Diese Arbeit beginnt bereits im Kindergartenalter. "Technische Frühbildung" liegt Pries besonders am Herzen. "Kinder stellen wichtige Fragen, weil sie die Funktionsprinzipien wissen wollen. Deshalb bieten wir eine Reihe von Workshops an, in denen wir Erziehern zeigen, dass technische Fragen auch schon im Kindergarten vermittelbar sind." Im KonzernForum, zu dem auch der LernPark gehört, ist gerade eine Kindergartengruppe mit behinderten und nicht behinderten Kindern zu Gast. Die Kleinen basteln mit ihren Erziehern und Autostadt-Pädagogen Luftraketenautos. Emsig schneiden sie aus, malen, kleben Teile zusammen und überlegen, wie sie die bunten Gefährte in Bewegung setzen können.

Neu im pädagogischen Konzept der "Inszenierten Bildung" ist die im ZeitHaus gelegene "Werkstatt". Das Team um den Autostadt-Pädagogen André Ottenhof ist dabei, die 32 vollständig ausgestatteten Arbeitsplätze und die zwei Hebebühnen vorzubereiten, denn am nächsten Tag sollen die ersten Schülergruppen kommen, um sich gründlich mit dem Thema Auto auseinanderzusetzen. Drei Pkw, ein Käfer, ein Golf und ein New Beetle, plus Dutzende von Einzelteilen befinden sich in der Werkstatt. Anhand der Fahrzeuge soll den Schülern ein Einblick in das Innere gegeben werden. Sie können dort auch kleinere Motoren zerlegen und wieder zusammenbauen, um zu sehen, wie Verbrennungsprozesse ablaufen. Aber auch das Innenleben einer Tür, die chemischen Prozesse beim Rosten und noch viele Fragen rund um das Auto bekommen sie praxisnah beantwortet. Wichtiger Teil des Konzepts ist es, dass die Schüler selber handwerklich arbeiten, sogar Schweißen ist hier unter Anleitung möglich.

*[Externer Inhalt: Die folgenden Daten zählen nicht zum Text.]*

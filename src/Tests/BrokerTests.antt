-- ===== src/Tests/BrokerTests.antt =====
-- The broker at concrete inputs.
use neuralgentics_broker.Prelude.{
  String, ◌≡◌, refl, true, false, none, some, [], ◌∷◌, ◌==◌, if◌then◌else◌, is_ok,
}
use neuralgentics_broker.Types.{ServerConfig, TransportConfig, McpServerConfig, converted_env}
use neuralgentics_broker.Registry.{ServerEntry}
use neuralgentics_broker.Audit.{AuditRecord, AuditWriter}
use neuralgentics_broker.Host.{Host, error_reply, result}
use neuralgentics_broker.Clients.{http_client}
use neuralgentics_broker.Broker.{Broker}
use neuralgentics_broker.Broker.Keeps.{IsSound}
use neuralgentics_broker.Broker.Lifecycle.{start_server}
use neuralgentics_broker.Broker.Activation.{activate, activate_stdio, activate_http}
use mathlib.Core.Option.{map as option_map}
use neuralgentics_broker.Broker.Activation.{attempt}
use neuralgentics_broker.Broker.Activation.Success.{Works, activate-succeeds}
use neuralgentics_broker.Broker.Activation.Fallback.{Settled, activate-Settled}
use neuralgentics_broker.Broker.Activation.Remote.{activate_stdio-route}
use neuralgentics_broker.Broker.Calls.{Request, call, route, client_call}
use neuralgentics_broker.Broker.Calls.Audited.{buffered, call_audited}
use neuralgentics_broker.Broker.Calls.Routing.{call-failed_start}
use neuralgentics_broker.Broker.Soundness.{
  registers, activates, exits, calls, deregisters, run_steps, run_steps-IsSound,
}

-- Every server answers over HTTP; over a pipe `git` does, and `broken` fails the handshake.
abbrev host : Host
host = record {
  look_path = λ s. true;
  stdin_pipe = λ n. some n;
  stdout_pipe = λ n. some n;
  start_process = λ n c. some n;
  alive = λ n p. true;
  initialize = λ n s. if s == "broken" then error_reply else result tt;
  notify_initialized = λ n s. true;
  list_tools = λ n s. result (("clone", "") ∷ []);
  call_tool = λ n s t a. result (record { encoding = some [] });
  http_initialize = λ n u. result tt;
  http_list_tools = λ n u. result (("search", "") ∷ []);
  http_call = λ n u t a. result (record { encoding = some [] });
  now = λ n. n;
  digest = λ e. "sha256:";
}

abbrev config_for : String → ServerConfig
config_for name = record {
  name = name;
  command = name;
  args = [];
  env = none;
  type = "stdio";
  description = "";
  capabilities = [];
}

abbrev entry_for : String → ServerEntry
entry_for name = record {
  config = config_for name;
  process = some 1;
  tools = [];
  stdin = some 1;
  stdout = some 2;
}

abbrev writer : AuditWriter
writer = record {
  sink = 2;
  batch_size = 100;
  buf = [];
  closed = false;
  jsonl_file = true;
  pg_db = false;
  jsonl = [];
  pg = [];
  signals = 0;
}

-- `git` runs, `broken` is registered, `remote` has an HTTP client; only the git role may use `git`
abbrev broker : Broker
broker = record {
  registry = record {
    servers =
        ("git", entry_for "git")
        ∷ ("broken", entry_for "broken")
        ∷ ("remote", entry_for "remote")
        ∷ [];
  };
  access = record { server_roles = ("git", "git" ∷ []) ∷ [] };
  http_clients = ("remote", http_client "http://localhost" "") ∷ [];
  proxy = record { next_id = 1; running = true };
  audit_writer = some writer;
  clock = 0;
}

abbrev by : String → String → Request
by role server = record { role = role; server = server; tool = "clone"; args = none }

abbrev over_pipe : TransportConfig
over_pipe = record {
  type = "local";
  package_name = "serve";
  args = [];
  env = none;
  url = "";
  default = false;
  description = "";
}

abbrev over_http : TransportConfig
over_http = record over_pipe { type = "http"; url = "http://localhost/" }

abbrev both_ways : McpServerConfig
both_ways = record {
  name = "broken";
  transports = over_pipe ∷ over_http ∷ [];
  description = "";
  capabilities = [];
}

broker-IsSound : IsSound broker
broker-IsSound = record {
  valid = record { unique = (refl, (refl, (refl, tt))); named = (refl, (refl, (refl, tt))) };
  clients = (refl, tt);
}

run_steps-IsSound_example : IsSound (
    run_steps host
      (registers (config_for "new")
        ∷ activates "broken" both_ways none
        ∷ exits "git"
        ∷ calls (by "git" "git")
        ∷ deregisters "git"
        ∷ [])
      broker)
run_steps-IsSound_example =
    run_steps-IsSound host
      (registers (config_for "new")
        ∷ activates "broken" both_ways none
        ∷ exits "git"
        ∷ calls (by "git" "git")
        ∷ deregisters "git"
        ∷ [])
      broker broker-IsSound

activate-Settled_example :
    Settled host "broken" both_ways
      (config_for "broken")
      (activate host "broken" both_ways none broker)
activate-Settled_example =
    activate-Settled host "broken" both_ways none (config_for "broken") broker refl

activate_stdio-route_example :
    let b' = (activate_stdio host "remote" (config_for "remote") broker).0 in
    route host (by "git" "remote") b'
    ≡ client_call host (by "git" "remote") (http_client "http://localhost" "") b'
activate_stdio-route_example =
    activate_stdio-route host (by "git" "remote") (config_for "remote")
      (http_client "http://localhost" "") broker refl

abbrev http_config : ServerConfig
http_config = record (config_for "git") {
  type = "http";
  env = some (("NEURALGENTICS_MCP_URL", "http://localhost") ∷ []);
}

call_audited_example :
    (rec : AuditRecord) × (buffered (call host (by "git" "git") broker).0.audit_writer ≡ rec ∷ [])
    × (rec.agent_role ≡ "git")
    × (rec.server ≡ "git")
    × (rec.tool ≡ "clone")
    × (rec.success ≡ is_ok (call host (by "git" "git") broker).1)
call_audited_example =
    call_audited host (by "git" "git") broker writer refl (record { on = refl; not_closed = refl })

-- `git` runs and has answered so far
call-failed_start_example :
    is_ok (call host (by "git" "git") (start_server host "broken" broker).0).1 ≡ false
unfolding start_server
call-failed_start_example = call-failed_start host "broken" (by "git" "git") broker refl refl

over_http-Works : Works host "broken" both_ways over_http
unfolding attempt activate_http converted_env
over_http-Works b sc h = refl

-- `broken` fails over the pipe, in the round that comes second here
activate-succeeds_example : is_ok (activate host "broken" both_ways (some 1) broker).1 ≡ true
activate-succeeds_example =
    activate-succeeds host "broken" both_ways (some 1) (config_for "broken") 1 over_http broker refl
      refl over_http-Works
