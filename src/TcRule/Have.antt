-- ===== src/TcRule/Have.antt =====
-- `enum tc_rule_traits` and `TC_RULE_HAVE_AF_IP` of src/tc_rule.h.
use flower_route.Base.{ℕ, bit_or}

abbrev pub af : ℕ
af = 0x01

abbrev pub ip : ℕ
ip = 0x02

abbrev pub goto : ℕ
goto = 0x04

abbrev pub trap : ℕ
trap = 0x08

abbrev pub ttl_check : ℕ
ttl_check = 0x10

abbrev pub ttl_dec : ℕ
ttl_dec = 0x20

abbrev pub lladdr : ℕ
lladdr = 0x40

abbrev pub vlan_mod : ℕ
vlan_mod = 0x80

abbrev pub af_ip : ℕ
af_ip = bit_or af ip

Die Attraktivität der Bildungsangebote nimmt mit der "Werkstatt" weiter zu. Mehr als 200 000 Menschen nutzten im vergangenen Jahr die mehr als 1600 pädagogischen Veranstaltungen. Gegenüber dem Vorjahr entspricht das einer Steigerung von 57 Prozent. Nicht nur Schüler und Lehrer will man mit diesen Bildungsangeboten ansprechen. Mit dem "Programm 55plus" hat die Autostadt das generationenübergreifende Bildungskonzept mit Blick auf eine ältere Zielgruppe zu einem regelmäßigen Semesterangebot ausgeweitet. Es gibt Workshops zu Architektur und Design, zu Fitness und auch Tanzworkshops anlässlich der Movimentos Festwochen. "Es ist uns ein wichtiges Anliegen, unseren Besuchern die richtige Mischung aus angeleitetem und selbst gesteuertem Lernen anzubieten", sagt Dr. Maria Schneider. Die Erfolgszahlen geben ihr recht. Genauso wie der Enthusiasmus der Kinder.